How does your job contribute to the problem?
To take the most obvious angle on it -- we make most of our profits through advertising, which is a crucial part of the industrial/consumerist system that provides the financial incentive for most of this destruction and horror. So my job is to help this system run more efficiently. Plus a good one third of the money I make goes to taxes, half of which go to war.
I could use the remaining money I get to try to do something good. This was my noble intention until recently -- "earning to give". But now I see that my earning the money is contributing to the destruction that I would then try to undo by using the money I earned. It doesn't make sense.

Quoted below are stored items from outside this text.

-- ===== src/LoadBalancer/Weighted.antt =====
-- The weighted balancer: over its draws every healthy target is picked as often as its weight says.
use corridor.Prelude.{
  ℕ, zero, suc, ◌+◌, ◌-◌, ◌<◌, ◌≤◌, ◌^◌, ◌≡◌, refl, sym, ◌∙◌, ap, inl, inr, List, [], ◌∷◌, ◌++◌,
  some, In, All, true, false, arith, Bool-cases, length, length-append, get_elem?, ltb,
  get_elem?_total, if◌then◌else◌,
}
use corridor.Prelude.Int.{pos, add64, add64_pos, ltb_ℤ, leb_ℤ, pos_part}
use corridor.LoadBalancer.Target.{Store, is_healthy}
use corridor.LoadBalancer.Next.{
  Picked, element, healthy_targets, total_weight, pick_weighted, weigh, weight_of, among,
  next_weighted,
}
use corridor.LoadBalancer.Sound.{IsLive, healthy_targets_iff}

abbrev replicate : ℕ → ℕ → List ℕ
replicate zero a = []
replicate (suc n) a = a ∷ replicate n a

-- The positive weight that the factory gives each target.
abbrev pub HasWeight : Store → ℕ → Type 0
HasWeight h a = (w : ℕ) × (weight_of h a ≡ pos (suc w))

abbrev pub weight : Store → ℕ → ℕ
weight h a = pos_part (weight_of h a)

-- The urn: each target as often as its weight.
unfoldable pub urn : Store → List ℕ → List ℕ
urn h [] = []
urn h (a ∷ ts) = replicate (weight h a) a ++ urn h ts

length-replicate : (n a : ℕ) → length (replicate n a) ≡ n
length-replicate zero a = refl
length-replicate (suc n) a = ap suc (length-replicate n a)

urn_cons :
    (h : Store) (a : ℕ) (ts : List ℕ) → length (urn h (a ∷ ts)) ≡ weight h a + length (urn h ts)
unfolding urn
urn_cons h a ts =
    length-append (replicate (weight h a) a) (urn h ts)
    ∙ ap (λ k. k + length (urn h ts)) (length-replicate (weight h a) a)

total_weight-urn :
    (h : Store) (acc : ℕ) (ts : List ℕ)
    → All (HasWeight h) ts
    → acc + length (urn h ts) < 2 ^ 63
    → total_weight h (pos acc) ts ≡ pos (acc + length (urn h ts))
unfolding total_weight urn
total_weight-urn h acc [] all fits = ap pos (omega arith)
total_weight-urn h acc (a ∷ ts) ((w, e), all) fits =
    let size = urn_cons h a ts in
    let here : weight h a ≡ suc w = ap pos_part e in
    let sum = ap (add64 (pos acc)) e ∙ add64_pos acc (suc w) (omega arith) in
    ap (λ z. total_weight h z ts) sum
    ∙ total_weight-urn h (acc + suc w) ts all (omega arith)
    ∙ ap pos (omega arith)

get_elem?-replicate_lt :
    (n a r : ℕ) (ys : List ℕ) → r < n → get_elem? (replicate n a ++ ys) r ≡ some a
get_elem?-replicate_lt zero a r ys h = elim h [ ]
get_elem?-replicate_lt (suc n) a zero ys h = refl
get_elem?-replicate_lt (suc n) a (suc r) ys h = get_elem?-replicate_lt n a r ys (omega arith)

get_elem?-replicate_ge :
    (n a k r : ℕ) (ys : List ℕ) → k ≡ n + r → get_elem? (replicate n a ++ ys) k ≡ get_elem? ys r
get_elem?-replicate_ge zero a k r ys e = ap (get_elem? ys) (omega arith)
get_elem?-replicate_ge (suc n) a zero r ys e = absurd (omega arith)
get_elem?-replicate_ge (suc n) a (suc k) r ys e = get_elem?-replicate_ge n a k r ys (omega arith)

-- The loop over the cumulative weights reads the urn at the drawn number.
pick_weighted-urn :
    (h : Store) (acc r : ℕ) (ts : List ℕ)
    → All (HasWeight h) ts
    → acc + length (urn h ts) < 2 ^ 63
    → pick_weighted h (pos (acc + r)) (pos acc) ts ≡ get_elem? (urn h ts) r
unfolding pick_weighted urn
pick_weighted-urn h acc r [] all fits = refl
pick_weighted-urn h acc r (a ∷ ts) ((w, e), all) fits =
    let size = urn_cons h a ts in
    let here : weight h a ≡ suc w = ap pos_part e in
    let sum : add64 (pos acc) (weight_of h a) ≡ pos (acc + suc w) =
      ap (add64 (pos acc)) e ∙ add64_pos acc (suc w) (omega arith) in
    let step =
      ap (λ z. if ltb_ℤ (pos (acc + r)) z then some a else pick_weighted h (pos (acc + r)) z ts)
        sum in
    elim (Bool-cases (ltb r (suc w))) [
      | inl low ↦
          let test : ltb_ℤ (pos (acc + r)) (pos (acc + suc w)) ≡ true = ground arith in
          step ∙ rw test (sym (get_elem?-replicate_lt (weight h a) a r (urn h ts) (ground arith)))
      | inr high ↦
          let test : ltb_ℤ (pos (acc + r)) (pos (acc + suc w)) ≡ false = ground arith in
          let beyond : suc w ≤ r = ground arith in
          let rest = pick_weighted-urn h (acc + suc w) (r - suc w) ts all (omega arith) in
          let moved : acc + suc w + (r - suc w) ≡ acc + r = omega arith in
          step
          ∙ rw test (
              ap (λ k. pick_weighted h (pos k) (pos (acc + suc w)) ts) (sym moved)
              ∙ rest
              ∙ sym (get_elem?-replicate_ge (weight h a) a r (r - suc w) (urn h ts) (omega arith)))
    ]

All-healthy_targets {κ} :
    (P : ℕ → Type κ) (h : Store) (ts : List ℕ) → All P ts → All P (healthy_targets h ts)
unfolding healthy_targets
All-healthy_targets P h [] all = tt
All-healthy_targets P h (a ∷ ts) (p, all) = elim (Bool-cases (is_healthy h a)) [
  | inl well ↦ rw well (p, All-healthy_targets P h ts all)
  | inr sick ↦ rw sick (All-healthy_targets P h ts all)
]

urn_pos : (h : Store) (ts : List ℕ) (b : ℕ) → All (HasWeight h) ts → In b ts → 0 < length (urn h ts)
urn_pos h [] b all m = absurd m
urn_pos h (a ∷ ts) b ((w, e), all) m =
    let here : weight h a ≡ suc w = ap pos_part e in omega (arith, urn_cons h a ts)

-- The weighing reads the urn of targets that all have a weight.
weigh-urn :
    (h : Store) (intn : ℕ → ℕ) (ts : List ℕ)
    → All (HasWeight h) ts
    → 0 < length (urn h ts)
    → length (urn h ts) < 2 ^ 63
    → intn (length (urn h ts)) < length (urn h ts)
    → weigh h intn ts ≡ element (get_elem? (urn h ts) (intn (length (urn h ts))))
unfolding weigh
weigh-urn h intn ts all some_weight fits drawn =
    let total : total_weight h (pos 0) ts ≡ pos (length (urn h ts)) =
      total_weight-urn h 0 ts all (omega arith) ∙ ap pos (omega arith) in
    let heavy : leb_ℤ (pos (length (urn h ts))) (pos 0) ≡ false = ground arith in
    let r = intn (length (urn h ts)) in
    let (a, found) = get_elem?_total (urn h ts) r drawn in
    let zero_add : 0 + r ≡ r = omega arith in
    let read : pick_weighted h (pos r) (pos 0) ts ≡ get_elem? (urn h ts) r =
      ap (λ k. pick_weighted h (pos k) (pos 0) ts) (sym zero_add)
      ∙ pick_weighted-urn h 0 r ts all (omega arith) in
    rw (total, heavy, read, found) refl

pub among_some : (a : ℕ) (xs : List ℕ) (p : Picked) → In a xs → among xs p ≡ p
among_some a [] p m = absurd m
among_some a (_ ∷ _) p m = refl

pub next_weighted-weigh :
    (h : Store) (intn : ℕ → ℕ) (ts : List ℕ) (b : ℕ)
    → IsLive h ts b
    → next_weighted h intn ts ≡ weigh h intn (healthy_targets h ts)
unfolding next_weighted
next_weighted-weigh h intn [] b (m, well) = absurd m
next_weighted-weigh h intn (t ∷ ts) b live =
    among_some b _ (weigh h intn (healthy_targets h (t ∷ ts)))
      ((healthy_targets_iff h (t ∷ ts) b).1 live)

-- If every target has a positive weight, some target is healthy, the weights of the healthy ones
-- sum to less than 2^63 and the draw is below that sum, the weighted balancer returns the target
-- at the drawn position of the urn that holds each healthy target as often as its weight. So over
-- the equally likely draws each healthy target is returned as often as its weight says.
pub next_weighted-urn :
    (h : Store) (intn : ℕ → ℕ) (ts : List ℕ) (b : ℕ)
    → All (HasWeight h) ts
    → IsLive h ts b
    → length (urn h (healthy_targets h ts)) < 2 ^ 63
    → ((n : ℕ) → 0 < n → intn n < n)
    → next_weighted h intn ts
      ≡ element
          (get_elem? (urn h (healthy_targets h ts)) (intn (length (urn h (healthy_targets h ts)))))
next_weighted-urn h intn ts b all live fits draws =
    let healthy = healthy_targets h ts in
    let weighed = All-healthy_targets (HasWeight h) h ts all in
    let heavy = urn_pos h healthy b weighed ((healthy_targets_iff h ts b).1 live) in
    next_weighted-weigh h intn ts b live
    ∙ weigh-urn h intn healthy weighed heavy fits (draws _ heavy)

What would you do instead?
I don't know exactly. But just as a strawman, if I stop working a regular job, buy almost nothing except [local, organic, unprocessed] food, and just go around helping with Food Not Bombs or whatever else? I think I'll find other interesting things to do, in fact I have a lot of ideas and plans floating around. But as a baseline, I could do this, and the amount of earth that is destroyed on my behalf each year will drop tremendously -- as I suspect it has this summer.
How could you give up work that you enjoy, a team of coworkers that are incredibly fun to work with and extremely talented, a career that is respected by most people, and a comfortable life where all your physical and financial needs are taken care of?
:| It's not the easiest thing. But I do enjoy other things, there are awesome people outside Google, there are some people who would understand leaving, and a comfortable life isn't all it's cracked up to be. Sunshine and birdsong and dirt and grass and the smell of rain and the taste of wild berries are also there outside the comfortable life.
What are you really thinking about?
I don't spend most of my time thinking about technology and destruction and all that. I love the trees themselves, and the birds, and the people, and the poetry, and the music and mountains and rivers and all the rest. Most of this summer I've been spending my time up close with what I love. I love this line from Rumi:
"The purpose of every gathering is discovered: to recognize beauty and to love what's beautiful."
This is what we really want to "do", isn't it? This is why we go to the mountains. This is why we spend time with those we love. This is why we watch [videos of] cute animals. This is why we gather to cook food and make music and watch eclipses. I can give my attention more toward what is beautiful. And I may help others around me to do the same. And then we won't need as much of the stuff that is destructive. The real juice is in what we gain, not what we avoid. Life can be much richer than most of us are used to. I've tasted this.
It'll still be complicated and difficult. It's not like leaving work automatically flips life from dry to rich. I had many rich moments while employed, mostly in my free time, mostly out in nature or with people. And I've had my dry moments this summer, if fewer. I'll still wrestle with my conditioning and culture which tells me that success, work-ethic, accomplishment, reputation, and so on, are most important. I must be true to the deepest call I can feel.
There are a hundred ways to kneel and kiss the ground. May this be one.